隊伍後面的馬仁用胳膊頂了頂呂洋,偷偷地說:“不得不說,真的很厲害!”
呂洋皺著眉頭,氣得牙齒直癢癢,這家夥得重點關注啊!怕在此之前,隊長得找自己談話了,其他人也許看不出來,但隊長何等眼力,估計一下子就發現了。
總算墨跡到軍訓隊長梁武發言,梁武屬於那種吹毛求疵,刻板嚴厲的人,有心人可以很明顯地看出來,在他宣講軍訓注意事項的時候時不時向十七連投以狠厲的目光,而且鍾文澤還驚人地發現他和李喆好像聽過這個聲音,要不要這麽巧?
說了半天,所有人同樣沒有聽進去幾句,總結一下,主題思想大概是:
你們沒有自由,只能聽命令,懂?聽不懂就罰。
正當他要說完的時候,十七連裡忽然傳出一陣驚呼,所有人齊齊看去,令人意想不到的是,白素素嘴唇發白差點倒在地上,幸好周雨辭及時扶住了她。
雖說軍訓暈倒是很常有的事,但誰也沒有想到剛剛還很活躍的白素素居然是第一個暈倒的。
呂洋讓馬仁去打了一個報告,自己跑到白素素面前,再次惡狠狠地說:“真是不給我省心!”

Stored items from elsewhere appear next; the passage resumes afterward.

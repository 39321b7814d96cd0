-- ===== src/Executor/Firecracker/Ownership.antt =====
-- A holder of VM handles (forge-executor/src/firecracker.rs, handle.rs) and the processes that were
-- started and not dropped.
use apeiron.Base.{
  ◌≡◌, ◌∙◌, refl, ap, Bool-cases, inl, inr, List, [], ◌∷◌, ◌==◌, if◌then◌else◌, Text,
}
use apeiron.Executor.Config.{Pid, VmConfig, VmHandle, SnapshotId}
use apeiron.Executor.Action.{Result, ok, err, panicked}
use apeiron.Executor.Host.{Env, Trace}
use apeiron.Executor.Firecracker.Execute.{execute_command}
use apeiron.Core.Execution.{Duration}
use apeiron.Executor.Firecracker.Snapshot.{snapshot}
use apeiron.Executor.Firecracker.{FirecrackerBackend}
use apeiron.Executor.Firecracker.Lifecycle.{spawn, restore, terminate, health_check}
use apeiron.Executor.Firecracker.Processes.{without, undropped}
use apeiron.Executor.Firecracker.Handles.{
  owned, spawn-Owns, restore-Owns, execute_command-undropped, terminate-undropped,
  snapshot-undropped, health_check-undropped,
}

-- What a holder of handles may do.
pub data Use : Type 0 where
  start_vm : VmConfig → Use
  restore_vm : SnapshotId → Use
  run_in_vm : VmConfig → Text → Duration → Use
  snapshot_vm : VmHandle → Use
  terminate_vm : VmHandle → Use
  check_health : Use

unfoldable pub processes : List VmHandle → List Pid
processes [] = []
processes (h ∷ hs) = h.process ∷ processes hs

-- The handles without the one that is given away.
unfoldable pub give_away : VmHandle → List VmHandle → List VmHandle
give_away h [] = []
give_away h (h' ∷ hs) = if h.process == h'.process then hs else h' ∷ give_away h hs

-- The handles with the one that was returned.
unfoldable pub and_returned : Result VmHandle → List VmHandle → List VmHandle
and_returned (ok h) hs = h ∷ hs
and_returned (err e) hs = hs
and_returned panicked hs = hs

-- The handles that are held, and the trace, after a use of the backend.
module _ (env : Env) (self : FirecrackerBackend) where
  unfoldable pub use_backend : Use → List VmHandle × Trace → List VmHandle × Trace
  use_backend (start_vm config) (hs, t) =
      let (r, t') = spawn env self config t in (and_returned r hs, t')
  use_backend (restore_vm id) (hs, t) =
      let (r, t') = restore env self id t in (and_returned r hs, t')
  use_backend (run_in_vm config command timeout) (hs, t) =
      (hs, (execute_command env self config command timeout t).1)
  use_backend (snapshot_vm handle) (hs, t) = (hs, (snapshot env self handle t).1)
  use_backend (terminate_vm handle) (hs, t) = (give_away handle hs, (terminate env self handle t).1)
  use_backend check_health (hs, t) = (hs, (health_check env self t).1)

  unfoldable pub use_all : List Use → List VmHandle × Trace → List VmHandle × Trace
  use_all [] s = s
  use_all (u ∷ us) s = use_all us (use_backend u s)

owned_returned :
    (r : Result VmHandle) (hs : List VmHandle)
    → owned r (processes hs) ≡ processes (and_returned r hs)
unfolding owned processes and_returned
owned_returned (ok h) hs = refl
owned_returned (err e) hs = refl
owned_returned panicked hs = refl

without_given :
    (h : VmHandle) (hs : List VmHandle)
    → without h.process (processes hs) ≡ processes (give_away h hs)
unfolding without processes give_away
without_given h [] = refl
without_given h (h' ∷ hs) = elim (Bool-cases (h.process == h'.process)) [
  | inl e ↦ rw e refl
  | inr e ↦ rw e (ap (λ qs. h'.process ∷ qs) (without_given h hs))
]

module _ (env : Env) (self : FirecrackerBackend) where
  use_backend-processes :
      (u : Use) (hs : List VmHandle) (t : Trace)
      → undropped t ≡ processes hs
      → let s = use_backend env self u (hs, t) in undropped s.1 ≡ processes s.0
  unfolding use_backend
  use_backend-processes (start_vm config) hs t e =
      let r = (spawn env self config t).0 in
      (spawn-Owns env self config).at t ∙ ap (owned r) e ∙ owned_returned r hs
  use_backend-processes (restore_vm id) hs t e =
      let r = (restore env self id t).0 in
      (restore-Owns env self id).at t ∙ ap (owned r) e ∙ owned_returned r hs
  use_backend-processes (run_in_vm config command timeout) hs t e =
      (execute_command-undropped env self config command timeout).at t ∙ e
  use_backend-processes (snapshot_vm handle) hs t e = (snapshot-undropped env self handle).at t ∙ e
  use_backend-processes (terminate_vm handle) hs t e =
      terminate-undropped env self handle t
      ∙ ap (without handle.process) e
      ∙ without_given handle hs
  use_backend-processes check_health hs t e = (health_check-undropped env self).at t ∙ e

  -- A process is kept when it was started and its handle was not dropped; one that is kept may have ended
  -- by itself. If the kept processes are those of the handles that are held, they are so after any uses
  -- of the backend, whatever the outside answers. A handle that `spawn` or `restore` returns is held
  -- from then on, one that was given to `terminate` no longer, whether or not it succeeds.
  pub use_all-processes :
      (us : List Use) (hs : List VmHandle) (t : Trace)
      → undropped t ≡ processes hs
      → let s = use_all env self us (hs, t) in undropped s.1 ≡ processes s.0
  unfolding use_all
  use_all-processes [] hs t e = e
  use_all-processes (u ∷ us) hs t e =
      let s = use_backend env self u (hs, t) in
      use_all-processes us s.0 s.1 (use_backend-processes u hs t e)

全班同學都圍上來了,他大聲呵斥:“都給我回去站好。”
也許有些人只是為了看熱鬧,也許有些人是真的關心白素素,但他一概不管。他反覆確認,發現白素素並不是中暑,而是低血糖,便趕緊從褲兜裡掏出了一顆橘子味的水果糖。
白素素有些難受地說道:“我想吃草莓味的……”
“……”
白素素被呂洋抬到了後面,片秋然聽見周圍傳來一些竊竊私語。
“你知道嗎?這不是第一次了,以前我和她一個學校的,升旗的時候也犯了一回,好像是因為減肥總不吃早飯。”
“真是的,你看她這麽瘦了為什麽不吃早飯?”
“愛美唄!誰會嫌自己瘦啊!”
“真是為了愛美連健康都不要了。”
流言總是傳的飛快,它比病毒可怕。
片秋然提醒了一句:“別這樣說別人了,大家都是同學,別亂傳了。”
那人白了他一眼:“管你什麽事?你知道原因嗎?”
片秋然沒說話了,他也想知道原因。
李喆一個人悄悄地說:“憑什麽?他們憑什麽亂講別人的壞話!”
片秋然感到疑惑,他有點明白但又不太明白李喆這話的意思,但他知道這應該是李喆的秘密,就像他說那話也一樣有秘密。